START Materials provided
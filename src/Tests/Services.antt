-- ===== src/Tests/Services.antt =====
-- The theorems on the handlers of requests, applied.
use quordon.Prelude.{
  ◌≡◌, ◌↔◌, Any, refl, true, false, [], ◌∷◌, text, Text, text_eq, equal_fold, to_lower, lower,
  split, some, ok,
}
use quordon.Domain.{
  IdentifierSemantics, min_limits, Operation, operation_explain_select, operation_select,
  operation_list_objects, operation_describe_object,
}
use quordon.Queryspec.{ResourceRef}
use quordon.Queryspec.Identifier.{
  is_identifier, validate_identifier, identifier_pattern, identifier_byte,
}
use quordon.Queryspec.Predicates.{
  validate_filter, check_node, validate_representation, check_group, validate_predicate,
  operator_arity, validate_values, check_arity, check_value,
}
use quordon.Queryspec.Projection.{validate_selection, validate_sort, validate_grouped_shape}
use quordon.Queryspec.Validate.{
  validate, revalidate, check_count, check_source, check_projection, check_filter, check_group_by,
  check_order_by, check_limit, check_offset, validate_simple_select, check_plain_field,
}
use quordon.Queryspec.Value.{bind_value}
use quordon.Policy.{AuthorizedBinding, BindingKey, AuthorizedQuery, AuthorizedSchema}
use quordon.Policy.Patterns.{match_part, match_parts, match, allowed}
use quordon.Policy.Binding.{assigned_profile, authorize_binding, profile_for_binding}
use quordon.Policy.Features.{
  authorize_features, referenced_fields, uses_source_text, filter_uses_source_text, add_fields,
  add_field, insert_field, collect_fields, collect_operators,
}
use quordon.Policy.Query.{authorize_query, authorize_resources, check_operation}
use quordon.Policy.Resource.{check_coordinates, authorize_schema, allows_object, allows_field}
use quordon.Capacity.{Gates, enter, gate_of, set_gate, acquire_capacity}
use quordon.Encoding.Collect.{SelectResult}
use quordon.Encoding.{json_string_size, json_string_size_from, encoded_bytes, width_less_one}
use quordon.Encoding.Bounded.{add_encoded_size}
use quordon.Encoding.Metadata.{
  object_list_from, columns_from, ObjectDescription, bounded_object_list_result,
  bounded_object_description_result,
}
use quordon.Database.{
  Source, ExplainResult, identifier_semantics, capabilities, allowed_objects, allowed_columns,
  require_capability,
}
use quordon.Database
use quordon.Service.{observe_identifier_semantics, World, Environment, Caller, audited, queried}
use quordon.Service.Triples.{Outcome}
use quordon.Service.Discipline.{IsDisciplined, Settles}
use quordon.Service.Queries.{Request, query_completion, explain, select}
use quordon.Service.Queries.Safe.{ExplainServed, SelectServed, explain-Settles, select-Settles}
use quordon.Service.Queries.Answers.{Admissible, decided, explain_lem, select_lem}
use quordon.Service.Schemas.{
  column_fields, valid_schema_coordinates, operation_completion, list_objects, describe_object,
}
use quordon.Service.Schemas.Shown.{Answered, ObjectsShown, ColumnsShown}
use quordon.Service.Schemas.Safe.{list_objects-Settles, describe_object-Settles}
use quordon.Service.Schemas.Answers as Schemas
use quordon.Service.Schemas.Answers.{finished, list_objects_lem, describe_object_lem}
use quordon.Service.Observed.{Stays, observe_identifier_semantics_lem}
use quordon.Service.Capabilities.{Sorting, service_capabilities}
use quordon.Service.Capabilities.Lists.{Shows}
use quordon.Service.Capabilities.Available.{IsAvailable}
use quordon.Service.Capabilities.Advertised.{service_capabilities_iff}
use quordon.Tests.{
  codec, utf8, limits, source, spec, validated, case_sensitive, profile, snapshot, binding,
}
END Materials provided
START Materials provided
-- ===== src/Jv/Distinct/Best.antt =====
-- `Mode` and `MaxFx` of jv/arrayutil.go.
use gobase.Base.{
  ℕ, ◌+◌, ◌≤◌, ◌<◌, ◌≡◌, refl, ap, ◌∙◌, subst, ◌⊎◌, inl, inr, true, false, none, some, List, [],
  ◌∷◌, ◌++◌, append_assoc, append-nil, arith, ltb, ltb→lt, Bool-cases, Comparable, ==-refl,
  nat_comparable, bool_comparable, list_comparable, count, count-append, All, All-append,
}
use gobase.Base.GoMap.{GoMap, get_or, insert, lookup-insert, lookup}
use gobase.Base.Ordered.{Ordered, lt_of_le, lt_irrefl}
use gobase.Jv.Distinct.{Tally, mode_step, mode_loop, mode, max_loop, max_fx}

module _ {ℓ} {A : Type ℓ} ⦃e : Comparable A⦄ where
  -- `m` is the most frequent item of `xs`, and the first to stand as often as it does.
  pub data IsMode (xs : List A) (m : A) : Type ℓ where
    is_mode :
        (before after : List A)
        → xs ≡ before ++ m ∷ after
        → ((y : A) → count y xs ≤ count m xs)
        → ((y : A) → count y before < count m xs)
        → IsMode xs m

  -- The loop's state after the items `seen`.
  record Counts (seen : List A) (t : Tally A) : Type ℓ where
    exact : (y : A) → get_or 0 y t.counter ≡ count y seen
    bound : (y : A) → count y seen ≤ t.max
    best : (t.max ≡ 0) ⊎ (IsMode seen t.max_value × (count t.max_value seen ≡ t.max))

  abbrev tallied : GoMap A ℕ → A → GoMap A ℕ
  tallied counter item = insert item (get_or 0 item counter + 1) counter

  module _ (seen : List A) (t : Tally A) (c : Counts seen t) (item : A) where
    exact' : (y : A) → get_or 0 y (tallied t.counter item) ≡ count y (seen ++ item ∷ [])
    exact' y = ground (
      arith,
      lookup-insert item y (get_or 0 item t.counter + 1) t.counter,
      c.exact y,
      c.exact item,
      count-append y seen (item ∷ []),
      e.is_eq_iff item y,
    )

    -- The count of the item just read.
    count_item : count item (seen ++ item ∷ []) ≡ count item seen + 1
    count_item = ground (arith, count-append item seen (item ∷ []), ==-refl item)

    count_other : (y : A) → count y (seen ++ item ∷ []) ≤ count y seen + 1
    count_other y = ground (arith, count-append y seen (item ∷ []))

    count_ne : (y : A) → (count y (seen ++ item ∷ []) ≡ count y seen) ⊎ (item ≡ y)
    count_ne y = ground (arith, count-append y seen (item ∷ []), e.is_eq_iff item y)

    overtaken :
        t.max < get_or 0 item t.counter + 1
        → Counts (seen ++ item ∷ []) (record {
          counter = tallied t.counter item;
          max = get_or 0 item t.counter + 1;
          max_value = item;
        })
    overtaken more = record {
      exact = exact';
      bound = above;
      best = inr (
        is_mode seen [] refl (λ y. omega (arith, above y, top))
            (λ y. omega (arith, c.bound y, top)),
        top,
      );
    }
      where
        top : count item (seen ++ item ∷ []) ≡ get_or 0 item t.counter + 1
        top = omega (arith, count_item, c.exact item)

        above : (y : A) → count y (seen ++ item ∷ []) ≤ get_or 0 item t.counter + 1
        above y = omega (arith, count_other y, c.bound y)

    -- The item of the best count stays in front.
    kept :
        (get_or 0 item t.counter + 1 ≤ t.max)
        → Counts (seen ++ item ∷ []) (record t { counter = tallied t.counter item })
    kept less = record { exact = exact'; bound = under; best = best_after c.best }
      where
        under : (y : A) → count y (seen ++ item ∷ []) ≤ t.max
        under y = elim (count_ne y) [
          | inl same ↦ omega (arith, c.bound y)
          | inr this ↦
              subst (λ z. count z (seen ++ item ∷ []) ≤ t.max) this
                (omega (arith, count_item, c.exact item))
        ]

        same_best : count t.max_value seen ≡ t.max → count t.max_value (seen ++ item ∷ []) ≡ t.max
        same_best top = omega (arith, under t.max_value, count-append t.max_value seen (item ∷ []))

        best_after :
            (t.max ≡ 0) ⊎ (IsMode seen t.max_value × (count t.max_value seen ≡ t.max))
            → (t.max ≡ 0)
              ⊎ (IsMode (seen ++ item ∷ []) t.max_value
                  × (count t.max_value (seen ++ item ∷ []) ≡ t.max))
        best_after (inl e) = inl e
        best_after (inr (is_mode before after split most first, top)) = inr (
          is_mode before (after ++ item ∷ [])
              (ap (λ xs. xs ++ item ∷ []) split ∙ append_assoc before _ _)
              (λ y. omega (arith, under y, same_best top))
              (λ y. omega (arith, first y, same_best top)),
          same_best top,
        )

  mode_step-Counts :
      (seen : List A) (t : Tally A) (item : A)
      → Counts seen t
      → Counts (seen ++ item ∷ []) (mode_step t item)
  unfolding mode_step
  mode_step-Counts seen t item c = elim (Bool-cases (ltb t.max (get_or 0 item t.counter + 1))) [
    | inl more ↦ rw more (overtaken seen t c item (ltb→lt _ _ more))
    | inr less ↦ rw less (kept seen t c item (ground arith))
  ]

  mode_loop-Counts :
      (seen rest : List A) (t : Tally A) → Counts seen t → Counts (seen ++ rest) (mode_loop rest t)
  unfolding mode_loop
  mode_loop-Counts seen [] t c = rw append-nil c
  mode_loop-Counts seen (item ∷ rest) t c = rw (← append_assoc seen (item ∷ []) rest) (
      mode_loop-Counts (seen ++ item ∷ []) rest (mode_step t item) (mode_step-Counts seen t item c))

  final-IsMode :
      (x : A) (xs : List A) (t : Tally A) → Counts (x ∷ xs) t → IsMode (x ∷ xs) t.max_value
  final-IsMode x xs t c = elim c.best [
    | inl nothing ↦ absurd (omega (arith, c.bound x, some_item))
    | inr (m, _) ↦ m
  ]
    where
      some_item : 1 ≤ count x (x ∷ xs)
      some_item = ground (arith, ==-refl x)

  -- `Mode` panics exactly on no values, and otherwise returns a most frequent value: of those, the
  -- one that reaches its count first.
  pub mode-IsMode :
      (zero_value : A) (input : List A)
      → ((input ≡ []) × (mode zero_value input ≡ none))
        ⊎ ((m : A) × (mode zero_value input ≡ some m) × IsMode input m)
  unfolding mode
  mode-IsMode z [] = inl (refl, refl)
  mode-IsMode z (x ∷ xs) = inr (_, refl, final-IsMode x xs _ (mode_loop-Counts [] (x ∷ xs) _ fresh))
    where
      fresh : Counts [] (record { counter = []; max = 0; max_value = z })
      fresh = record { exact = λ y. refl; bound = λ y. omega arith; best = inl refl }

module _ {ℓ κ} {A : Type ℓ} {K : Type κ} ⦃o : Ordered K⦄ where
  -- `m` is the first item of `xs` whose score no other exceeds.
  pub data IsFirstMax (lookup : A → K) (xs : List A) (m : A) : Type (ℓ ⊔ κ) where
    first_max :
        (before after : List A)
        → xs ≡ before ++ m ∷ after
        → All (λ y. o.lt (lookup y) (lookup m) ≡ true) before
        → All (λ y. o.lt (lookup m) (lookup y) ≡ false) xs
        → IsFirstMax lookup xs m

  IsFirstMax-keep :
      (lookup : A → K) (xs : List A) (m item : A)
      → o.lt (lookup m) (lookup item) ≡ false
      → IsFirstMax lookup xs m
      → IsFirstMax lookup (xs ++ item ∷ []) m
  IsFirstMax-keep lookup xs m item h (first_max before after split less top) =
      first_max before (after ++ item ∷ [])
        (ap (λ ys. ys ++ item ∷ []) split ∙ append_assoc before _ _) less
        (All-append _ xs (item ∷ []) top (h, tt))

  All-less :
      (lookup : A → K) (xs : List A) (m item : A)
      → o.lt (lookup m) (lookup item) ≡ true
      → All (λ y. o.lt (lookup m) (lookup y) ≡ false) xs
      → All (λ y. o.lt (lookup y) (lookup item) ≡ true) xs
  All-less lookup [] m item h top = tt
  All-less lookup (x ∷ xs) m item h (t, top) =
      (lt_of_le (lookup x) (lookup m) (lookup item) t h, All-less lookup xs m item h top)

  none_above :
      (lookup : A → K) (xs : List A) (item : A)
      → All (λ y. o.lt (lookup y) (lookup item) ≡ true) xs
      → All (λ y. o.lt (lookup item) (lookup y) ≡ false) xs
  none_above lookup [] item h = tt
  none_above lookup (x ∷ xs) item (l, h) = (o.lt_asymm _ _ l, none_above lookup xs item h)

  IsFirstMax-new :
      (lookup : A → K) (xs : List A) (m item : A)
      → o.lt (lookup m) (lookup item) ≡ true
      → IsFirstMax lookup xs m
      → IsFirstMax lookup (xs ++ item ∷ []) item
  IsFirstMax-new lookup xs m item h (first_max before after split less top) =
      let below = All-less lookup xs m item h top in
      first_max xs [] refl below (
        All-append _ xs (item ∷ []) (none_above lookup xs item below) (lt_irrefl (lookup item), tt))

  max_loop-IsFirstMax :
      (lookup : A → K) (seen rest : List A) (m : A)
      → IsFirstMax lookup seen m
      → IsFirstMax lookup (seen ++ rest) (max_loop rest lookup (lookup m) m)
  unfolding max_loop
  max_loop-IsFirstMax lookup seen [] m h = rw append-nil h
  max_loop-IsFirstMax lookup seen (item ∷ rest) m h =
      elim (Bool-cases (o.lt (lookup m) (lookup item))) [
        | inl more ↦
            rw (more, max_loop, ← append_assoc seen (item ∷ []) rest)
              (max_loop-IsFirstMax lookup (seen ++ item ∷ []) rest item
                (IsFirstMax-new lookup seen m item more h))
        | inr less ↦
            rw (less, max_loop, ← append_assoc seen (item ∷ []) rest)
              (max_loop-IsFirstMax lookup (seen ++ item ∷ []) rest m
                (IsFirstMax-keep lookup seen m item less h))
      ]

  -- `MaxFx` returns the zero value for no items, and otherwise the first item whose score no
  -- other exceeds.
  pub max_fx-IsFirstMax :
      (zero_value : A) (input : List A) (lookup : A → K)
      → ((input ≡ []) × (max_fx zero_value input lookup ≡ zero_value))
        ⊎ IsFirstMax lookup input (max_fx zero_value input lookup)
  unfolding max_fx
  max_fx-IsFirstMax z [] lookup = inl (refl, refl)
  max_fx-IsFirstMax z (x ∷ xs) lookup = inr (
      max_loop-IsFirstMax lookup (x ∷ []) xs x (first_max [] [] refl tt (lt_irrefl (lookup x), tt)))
END Materials provided
◆ Work item ◆
Your answer should be a single number: how many lines in the preceding entries contain "fresh".

◆ Solution below ◆
3